# 65 GTO Convertible Interior Lights



## poocher (Jan 25, 2014)

I bought a so called "restored" 65 GTO 4sp Convertible and I've had a few surprises. Nothing really major but I guess I didn't check it out well enough.
When you open the driver door no interior lights come on. I noticed that on the rear seat handrests there is a recessed light fixture on each side but there are no wires run to these. Also, I wondered if there were any other interior lights in this model like under the dashboard. Anybody know?
Secondly, I found out that the backup white lights don't work either and no wires were run to these either! Is there some sort of switch that when I put it into reverse it fires up these lights? Wonder what is next?:leaving:


----------



## 67Twistytee (Feb 24, 2014)

Congrats on purchasing your '65. Sounds like your mechanicals and body are in good shape but maybe they took a few short cuts on electrical. 

On the convertibles, you should have had a rear quarter armrest lamp reflector on either side. If it's a console car, there would also be another lamp at the rear of the console. Some cars also included a courtesy lamp under the dash at the center console as an option. There should be door lamp switches on either side which take the circuit to ground when you open either door. It's possible that in addition to the missing wires at the lamps, these switches aren't wired correctly on your car if interior lights aren't functional.

Regarding reverse lights, there should be a back-up light switch installed on the tranny. This switch could be bad or missing as well as your rear lighting wires. Most restorers will put in new power harnesses in order to address issues with old wiring. Hopefully they did this in your case and you just need to trouble shoot a few connections or missing wires. I would start by getting a color wiring schematic for your car, a good service manual, and one of the restoration guides (P. Zazarine is a good one). You may need a new wire harness kit or at least the correct trunk wiring.
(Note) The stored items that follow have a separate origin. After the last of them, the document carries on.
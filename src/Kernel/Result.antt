-- ===== src/Kernel/Result.antt =====
-- src/lib.rs: `KernelError` and `KernelResult`, with the chain of fallible steps that `?` is.
use delta_os.Base.{Option, none, some, Bool, true, false}

pub data KernelError : Type 0 where
  out_of_memory invalid_address page_not_mapped page_already_mapped invalid_argument : KernelError
  device_not_found file_system_not_found file_not_found io_error module_not_found : KernelError
  access_denied general_fault : KernelError

pub data KernelResult {ℓ} (A : Type ℓ) : Type ℓ where
  ok : A → KernelResult A
  err : KernelError → KernelResult A

infixl 5 ◌>>=◌ ◌>>◌
abbrev pub ◌>>=◌ {ℓ κ} :
    {A : Type ℓ} {B : Type κ} → KernelResult A → (A → KernelResult B) → KernelResult B
ok a >>= f = f a
err e >>= f = err e

abbrev pub ◌>>◌ {ℓ} : {B : Type ℓ} → KernelResult (Unit {0}) → KernelResult B → KernelResult B
m >> k = m >>= λ _. k

-- `Option::ok_or`
abbrev pub ok_or {ℓ} : {A : Type ℓ} → Option A → KernelError → KernelResult A
ok_or none e = err e
ok_or (some a) e = ok a

abbrev pub guard : Bool → KernelError → KernelResult (Unit {0})
guard true e = ok tt
guard false e = err e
This could entail partial disassembly of your interior including the dash. Did you buy it from a private party or a dealer? Any chance of getting them to correct the wiring defaults?

I'm sure one of the 1965 owners will respond with some good tips or other suggestions. There's also some great information on the restoration section of this Forum. Good luck!


----------



## poocher (Jan 25, 2014)

*Thanks!!*

I'll look for the tranny switch and the other potential interior lights. Hope I don't get any more surprises!


----------



## 67Twistytee (Feb 24, 2014)

If you're looking, attached is a photo of the under dash courtesy light. You can usually find the harness on ebay and several of the vendors carry the repro bracket and lens. Mine is attached in the center (underside) of dash beneath the radio. You'll probably have to tap into the door switch wires to connect it.

I also attached a blow-up of the 4-speed tranny from a 1964 which should be the same as yours. It shows the location of the back-up light switch. If you're lucky, it's mounted to yours in this location and you just need to run new wires to the bumper lamps.

Good luck - hope the rest of the wiring is in good shape.


----------



## old-goat (Jul 10, 2011)

I agree with 67twistytee - except my '65 convert has two courtesy light under the dash, one on either side near the vent handles. If you buy new door switches beware- many of them out there don't fit very well, including the ones from Ames - they seem a tad bit smaller on the threads and don't tighten very well - I tried several before I very carefully peened the outer edge of the treaded hole a little with a center punch to shrink it, then they threaded in ok. It is possible that your car didn't come with back up lights but the rear bumper has been replaced with one that has them


----------